> **Brief**: Once the line containing "let old = replace_line" is found in the records below, return it and each following line exactly, up to and including the line containing "pub how : Saved", and nothing else.

> **Data supplied**:
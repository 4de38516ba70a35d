-- ===== src/Daemon/ModuleProp/Latest.antt =====
-- The file always shows the latest status, and nothing else of it changes.
use sshcustom_vpnchain.Base.{
  ℕ, ◌≡◌, refl, ap, ◌∙◌, ◌≢◌, inl, inr, Bool, true, false, not, ◌&&◌, Option, none, some, List, [],
  ◌∷◌, ◌++◌, arith, ◌==◌, Bool-cases, Option-cases, is_empty, all, Bytes, codes, str_eq,
}
use sshcustom_vpnchain.Base.Text.{has_prefix, join}
use sshcustom_vpnchain.Transport.{split_lines, first_onto}
use sshcustom_vpnchain.Daemon.ModuleProp.{
  marker, description, replace_line, Saved, store_lines, update_module_prop,
}
use sshcustom_vpnchain.Daemon.ModuleProp.{kept_before}

-- No line feed within.
abbrev pub is_line : Bytes → Bool
is_line l = all (λ c. not (c == 10)) l

split_lines-append :
    (l s : Bytes) → is_line l ≡ true → split_lines (l ++ (10 ∷ s)) ≡ l ∷ split_lines s
unfolding split_lines
split_lines-append [] s h = refl
split_lines-append (c ∷ l) s h =
    let inside : c == 10 ≡ false = ground arith in
    rw inside (ap (first_onto c) (split_lines-append l s (ground arith)))

split_lines-line : (l : Bytes) → is_line l ≡ true → split_lines l ≡ l ∷ []
unfolding split_lines
split_lines-line [] h = refl
split_lines-line (c ∷ l) h =
    let inside : c == 10 ≡ false = ground arith in
    rw inside (ap (first_onto c) (split_lines-line l (ground arith)))

split_lines-join :
    (l : Bytes) (ls : List Bytes)
    → all is_line (l ∷ ls) ≡ true
    → split_lines (join (l ∷ ls) (codes "\n")) ≡ l ∷ ls
split_lines-join l [] h = split_lines-line l (ground arith)
split_lines-join l (m ∷ ls) h =
    split_lines-append l (join (m ∷ ls) (codes "\n")) (ground arith)
    ∙ ap (◌∷◌ l) (split_lines-join m ls (ground arith))

-- A list that `join` and `split_lines` take to text and back.
abbrev are_lines : List Bytes → Bool
are_lines ls = not (is_empty ls) && all is_line ls

are_lines-first_onto :
    (c : ℕ) (ls : List Bytes)
    → c == 10 ≡ false
    → are_lines ls ≡ true
    → are_lines (first_onto c ls) ≡ true
are_lines-first_onto c [] h k = absurd (ground arith)
are_lines-first_onto c (l ∷ ls) h k = ground arith

are_lines-split_lines : (s : Bytes) → are_lines (split_lines s) ≡ true
unfolding split_lines
are_lines-split_lines [] = refl
are_lines-split_lines (c ∷ s) = elim (Bool-cases (c == 10)) [
  | inl feed ↦ rw feed (ground (arith, are_lines-split_lines s))
  | inr inside ↦ rw inside (are_lines-first_onto c (split_lines s) inside (are_lines-split_lines s))
]

split_lines-are_lines :
    (ls : List Bytes) → are_lines ls ≡ true → split_lines (join ls (codes "\n")) ≡ ls
split_lines-are_lines [] h = absurd (ground arith)
split_lines-are_lines (l ∷ ls) h = split_lines-join l ls (ground arith)

-- A replaced description is replaced again in the same place.
replaced-facts :
    (d e : Bytes) (ls out : List Bytes)
    → is_line d ≡ true
    → has_prefix d marker ≡ true
    → all is_line ls ≡ true
    → replace_line d ls ≡ some out
    → (are_lines out ≡ true) × (replace_line e out ≡ replace_line e ls)
unfolding replace_line
replaced-facts d e [] out hd pd h r = absurd (ground arith)
replaced-facts d e (l ∷ ls) out hd pd h r = elim (Bool-cases (has_prefix l marker)) [
  | inl here ↦
      let same : out ≡ d ∷ ls = ground (arith, here) in rw (same, here, pd) (ground arith, refl)
  | inr there ↦ elim (Option-cases (replace_line d ls)) [
    | inl nothing ↦ absurd (ground (arith, there, nothing))
    | inr (rest, found) ↦
        let same : out ≡ l ∷ rest = ground (arith, there, found) in
        let more = replaced-facts d e ls rest hd pd (ground arith) found in
        rw (same, there) (ground (arith, more.0), ap (kept_before l) more.1)
  ]
]

description-fits :
    (status : Bytes) → is_line (description status) && has_prefix (description status) marker ≡ true
unfolding description
description-fits status = elim (Bool-cases (str_eq status (codes "running"))) [
  | inl on ↦ rw on refl
  | inr off ↦ elim (Bool-cases (str_eq status (codes "standby"))) [
    | inl waits ↦ rw (off, waits) refl
    | inr ended ↦ rw (off, ended) refl
  ]
]

-- An earlier update leaves no trace for the lines that a later one writes.
earlier :
    (how : Saved) (status : Bytes) (e text : Bytes) (found : Option (List Bytes))
    → replace_line (description status) (split_lines text) ≡ found
    → replace_line e (split_lines (store_lines how text found)) ≡ replace_line e (split_lines text)
unfolding store_lines
earlier how status e text none h = refl
earlier how status e text (some out) h =
    let facts =
      replaced-facts (description status) e (split_lines text) out
        (ground (arith, description-fits status)) (ground (arith, description-fits status))
        (ground (arith, are_lines-split_lines text)) h in
    elim (Bool-cases (how.written && how.renamed)) [
      | inl saved ↦ rw saved (ap (replace_line e) (split_lines-are_lines out facts.0) ∙ facts.1)
      | inr failed ↦ rw failed refl
    ]

store-earlier :
    (how : Saved) (text other : Bytes) (found : Option (List Bytes))
    → how.written && how.renamed ≡ true
    → found ≢ none
    → store_lines how text found ≡ store_lines how other found
unfolding store_lines
store-earlier how text other none h filled = absurd (filled refl)
store-earlier how text other (some out) h filled = rw h refl

-- `updateModuleProp` keeps no history: on a file that has a description, an update whose write and
-- rename succeed gives the same file whether another update, for any status and with any outcome, came
-- before it or not. So the file shows the latest status that could be saved, and never a mixture.
pub update_module_prop-update_module_prop :
    (first how : Saved) (earlier_status status text : Bytes)
    → how.written && how.renamed ≡ true
    → replace_line (description status) (split_lines text) ≢ none
    → update_module_prop how status (update_module_prop first earlier_status text)
      ≡ update_module_prop how status text
unfolding update_module_prop
update_module_prop-update_module_prop first how earlier_status status text saved present =
    let d = description status in
    let old = replace_line (description earlier_status) (split_lines text) in
    let text1 = store_lines first text old in
    let same : replace_line d (split_lines text1) ≡ replace_line d (split_lines text) =
      earlier first earlier_status d text old refl in
    ap (store_lines how text1) same
    ∙ store-earlier how text1 text (replace_line d (split_lines text)) saved present
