-- ===== src/Daemon/ModuleProp/Watch.antt =====
-- main.go, in `run`: the goroutine that follows the state and keeps module.prop in step with it,
-- with at most one write in three seconds. Times are nanoseconds, and `none` is Go's zero time.
use sshcustom_vpnchain.Base.{
  ℕ, ◌+◌, ◌≡◌, refl, sym, ap, ◌∙◌, subst, ◌≢◌, ◌⊎◌, inl, inr, Bool, true, false, not, ◌&&◌, Option,
  none, some, List, [], ◌∷◌, arith, ltb, if◌then◌else◌, Bool-cases, Option-cases, any, all, Bytes,
  codes, str_eq, str_eq_iff,
}
use sshcustom_vpnchain.Transport.{split_lines}
use sshcustom_vpnchain.Engine.State.{State, StateName, paused_no_network}
use sshcustom_vpnchain.Daemon.ModuleProp.{
  marker, description, replace_line, Saved, store_lines, update_module_prop,
}
use sshcustom_vpnchain.Daemon.ModuleProp.Latest.{update_module_prop-update_module_prop}
use sshcustom_vpnchain.Base.Text.{has_prefix}

abbrev is_paused : StateName → Bool
is_paused paused_no_network = true
is_paused _ = false

-- The status that the goroutine reads off the state.
unfoldable pub status_name : State → Bytes
status_name st =
    if st.connected && st.ssh_authenticated
    then codes "running"
    else if st.running && is_paused st.state
    then codes "standby"
    else if st.running
    then codes "running"
    else codes "disconnected"

-- The goroutine's variables, and the text of module.prop.
pub record PropWatch : Type 0 where
  pub last_status : Bytes
  pub last_write : Option ℕ
  pub text : Bytes

-- A notification: when it is received, the state that is then read, and how a write would end.
pub record Seen : Type 0 where
  pub now : ℕ
  pub st : State
  pub how : Saved

-- `time.Since(lastWrite) > 3*time.Second`.
unfoldable pub has_waited : ℕ → Option ℕ → Bool
has_waited now none = true
has_waited now (some last) = ltb (last + 3000000000) now

unfoldable pub prop_seen : PropWatch → Seen → PropWatch
prop_seen w e =
    if not (str_eq (status_name e.st) w.last_status) && has_waited e.now w.last_write
    then record {
      last_status = status_name e.st;
      last_write = some e.now;
      text = update_module_prop e.how (status_name e.st) w.text;
    }
    else w

unfoldable pub prop_run : PropWatch → List Seen → PropWatch
prop_run w [] = w
prop_run w (e ∷ es) = prop_run (prop_seen w e) es

abbrev pub prop_start : Bytes → PropWatch
prop_start text = record { last_status = []; last_write = none; text = text }

abbrev pub is_saved : Seen → Bool
is_saved e = e.how.written && e.how.renamed

abbrev pub is_earlier : ℕ → Seen → Bool
is_earlier now e = ltb (e.now + 3000000000) now

has_waited-run :
    (now : ℕ) (w : PropWatch) (es : List Seen)
    → has_waited now w.last_write ≡ true
    → all (is_earlier now) es ≡ true
    → has_waited now (prop_run w es).last_write ≡ true
unfolding prop_run prop_seen has_waited
has_waited-run now w [] h k = h
has_waited-run now w (e ∷ es) h k =
    elim (Bool-cases
      (not (str_eq (status_name e.st) w.last_status) && has_waited e.now w.last_write)) [
        | inl due ↦ has_waited-run now (prop_seen w e) es (rw due (ground arith)) (ground arith)
        | inr held ↦ has_waited-run now (prop_seen w e) es (rw held h) (ground arith)
      ]

abbrev pub done : Saved
done = record { written = true; renamed = true }

-- The file as one update with the last status leaves it, or untouched.
abbrev Shows : Bytes → PropWatch → Type 0
Shows text w =
    ((w.last_status ≡ []) × (w.text ≡ text)) ⊎ (w.text ≡ update_module_prop done w.last_status text)

status_name-filled : (st : State) → str_eq (status_name st) [] ≡ false
unfolding status_name
status_name-filled st = elim (Bool-cases (st.connected && st.ssh_authenticated)) [
  | inl up ↦ rw up refl
  | inr down ↦ elim (Bool-cases (st.running && is_paused st.state)) [
    | inl paused ↦ rw (down, paused) refl
    | inr busy ↦ elim (Bool-cases st.running) [
      | inl runs ↦ rw (down, busy, runs) refl
      | inr ended ↦ rw (down, busy, ended) refl
    ]
  ]
]

abbrev pub has_description : Bytes → Bool
has_description text = any (λ l. has_prefix l marker) (split_lines text)

replace_line-finds :
    (d : Bytes) (ls : List Bytes)
    → any (λ l. has_prefix l marker) ls ≡ true
    → replace_line d ls ≢ none
unfolding replace_line
replace_line-finds d [] h = absurd (ground arith)
replace_line-finds d (l ∷ ls) h = elim (Bool-cases (has_prefix l marker)) [
  | inl here ↦ rw here (λ e. absurd (ground arith))
  | inr there ↦ elim (Option-cases (replace_line d ls)) [
    | inl nothing ↦ absurd (replace_line-finds d ls (ground (arith, there)) nothing)
    | inr (rest, found) ↦ rw (there, found) (λ e. absurd (ground arith))
  ]
]

store-done :
    (how : Saved) (text : Bytes) (found : Option (List Bytes))
    → how.written && how.renamed ≡ true
    → store_lines how text found ≡ store_lines done text found
unfolding store_lines
store-done how text none saved = refl
store-done how text (some lines) saved = rw saved refl

update-done :
    (how : Saved) (status text : Bytes)
    → how.written && how.renamed ≡ true
    → update_module_prop how status text ≡ update_module_prop done status text
unfolding update_module_prop
update-done how status text saved =
    store-done how text (replace_line (description status) (split_lines text)) saved

-- A write that succeeds leaves the file as one update of the first text does.
update-Shows :
    (how : Saved) (text status : Bytes) (w : PropWatch)
    → how.written && how.renamed ≡ true
    → has_description text ≡ true
    → Shows text w
    → update_module_prop how status w.text ≡ update_module_prop done status text
update-Shows how text status w saved present (inl (none_yet, same)) =
    update-done how status w.text saved ∙ ap (update_module_prop done status) same
update-Shows how text status w saved present (inr same) =
    update-done how status w.text saved
    ∙ ap (update_module_prop done status) same
    ∙ update_module_prop-update_module_prop done done w.last_status status text refl
        (replace_line-finds (description status) (split_lines text) present)

seen-Shows :
    (text : Bytes) (w : PropWatch) (e : Seen)
    → has_description text ≡ true
    → is_saved e ≡ true
    → Shows text w
    → Shows text (prop_seen w e)
unfolding prop_seen
seen-Shows text w e present saved h =
    elim (Bool-cases
      (not (str_eq (status_name e.st) w.last_status) && has_waited e.now w.last_write)) [
        | inl due ↦ rw due (inr (update-Shows e.how text (status_name e.st) w saved present h))
        | inr held ↦ rw held h
      ]

run-Shows :
    (text : Bytes) (w : PropWatch) (es : List Seen)
    → has_description text ≡ true
    → all is_saved es ≡ true
    → Shows text w
    → Shows text (prop_run w es)
unfolding prop_run
run-Shows text w [] present saved h = h
run-Shows text w (e ∷ es) present saved h =
    run-Shows text (prop_seen w e) es present (ground arith)
      (seen-Shows text w e present (ground arith) h)

-- A notification that need not wait leaves the file with its own status.
waited-Shows :
    (text : Bytes) (w : PropWatch) (e : Seen)
    → has_description text ≡ true
    → is_saved e ≡ true
    → has_waited e.now w.last_write ≡ true
    → Shows text w
    → (prop_seen w e).text ≡ update_module_prop done (status_name e.st) text
unfolding prop_seen
waited-Shows text w e present saved waited h =
    elim (Bool-cases (str_eq (status_name e.st) w.last_status)) [
      | inr other ↦
          rw (other, waited) (update-Shows e.how text (status_name e.st) w saved present h)
      | inl same ↦ rw same (elim h [
        | inl (none_yet, untouched) ↦
            let empty : str_eq (status_name e.st) [] ≡ true =
              subst (λ s. str_eq (status_name e.st) s ≡ true) none_yet same in
            absurd (ground (arith, empty, status_name-filled e.st))
        | inr shown ↦
            shown
            ∙ ap (λ s. update_module_prop done s text)
                (sym ((str_eq_iff (status_name e.st) w.last_status).0 same))
      ])
    ]

-- module.prop settles on the state of the tunnel: from any file that has a description, after any
-- notifications whose writes succeed, a further one that comes more than three seconds behind all
-- of them leaves the file as the status of the state at that time writes it into the first text,
-- whatever changes the limit of one write in three seconds has passed over before.
pub prop_run_settles :
    (text : Bytes) (es : List Seen) (e : Seen)
    → has_description text ≡ true
    → all is_saved es ≡ true
    → is_saved e ≡ true
    → all (is_earlier e.now) es ≡ true
    → (prop_seen (prop_run (prop_start text) es) e).text
      ≡ update_module_prop done (status_name e.st) text
unfolding has_waited
prop_run_settles text es e present saved last_saved early =
    waited-Shows text (prop_run (prop_start text) es) e present last_saved
      (has_waited-run e.now (prop_start text) es refl early)
      (run-Shows text (prop_start text) es present saved (inl (refl, refl)))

> **Task result**:
    let old = replace_line (description earlier_status) (split_lines text) in
    let text1 = store_lines first text old in
    let same : replace_line d (split_lines text1) ≡ replace_line d (split_lines text) =
      earlier first earlier_status d text old refl in
    ap (store_lines how text1) same
    ∙ store-earlier how text1 text (replace_line d (split_lines text)) saved present
-- ===== src/Daemon/ModuleProp/Watch.antt =====
-- main.go, in `run`: the goroutine that follows the state and keeps module.prop in step with it,
-- with at most one write in three seconds. Times are nanoseconds, and `none` is Go's zero time.
use sshcustom_vpnchain.Base.{
  ℕ, ◌+◌, ◌≡◌, refl, sym, ap, ◌∙◌, subst, ◌≢◌, ◌⊎◌, inl, inr, Bool, true, false, not, ◌&&◌, Option,
  none, some, List, [], ◌∷◌, arith, ltb, if◌then◌else◌, Bool-cases, Option-cases, any, all, Bytes,
  codes, str_eq, str_eq_iff,
}
use sshcustom_vpnchain.Transport.{split_lines}
use sshcustom_vpnchain.Engine.State.{State, StateName, paused_no_network}
use sshcustom_vpnchain.Daemon.ModuleProp.{
  marker, description, replace_line, Saved, store_lines, update_module_prop,
}
use sshcustom_vpnchain.Daemon.ModuleProp.Latest.{update_module_prop-update_module_prop}
use sshcustom_vpnchain.Base.Text.{has_prefix}

abbrev is_paused : StateName → Bool
is_paused paused_no_network = true
is_paused _ = false

-- The status that the goroutine reads off the state.
unfoldable pub status_name : State → Bytes
status_name st =
    if st.connected && st.ssh_authenticated
    then codes "running"
    else if st.running && is_paused st.state
    then codes "standby"
    else if st.running
    then codes "running"
    else codes "disconnected"

-- The goroutine's variables, and the text of module.prop.
pub record PropWatch : Type 0 where
  pub last_status : Bytes
  pub last_write : Option ℕ
  pub text : Bytes

-- A notification: when it is received, the state that is then read, and how a write would end.
pub record Seen : Type 0 where
  pub now : ℕ
  pub st : State
  pub how : Saved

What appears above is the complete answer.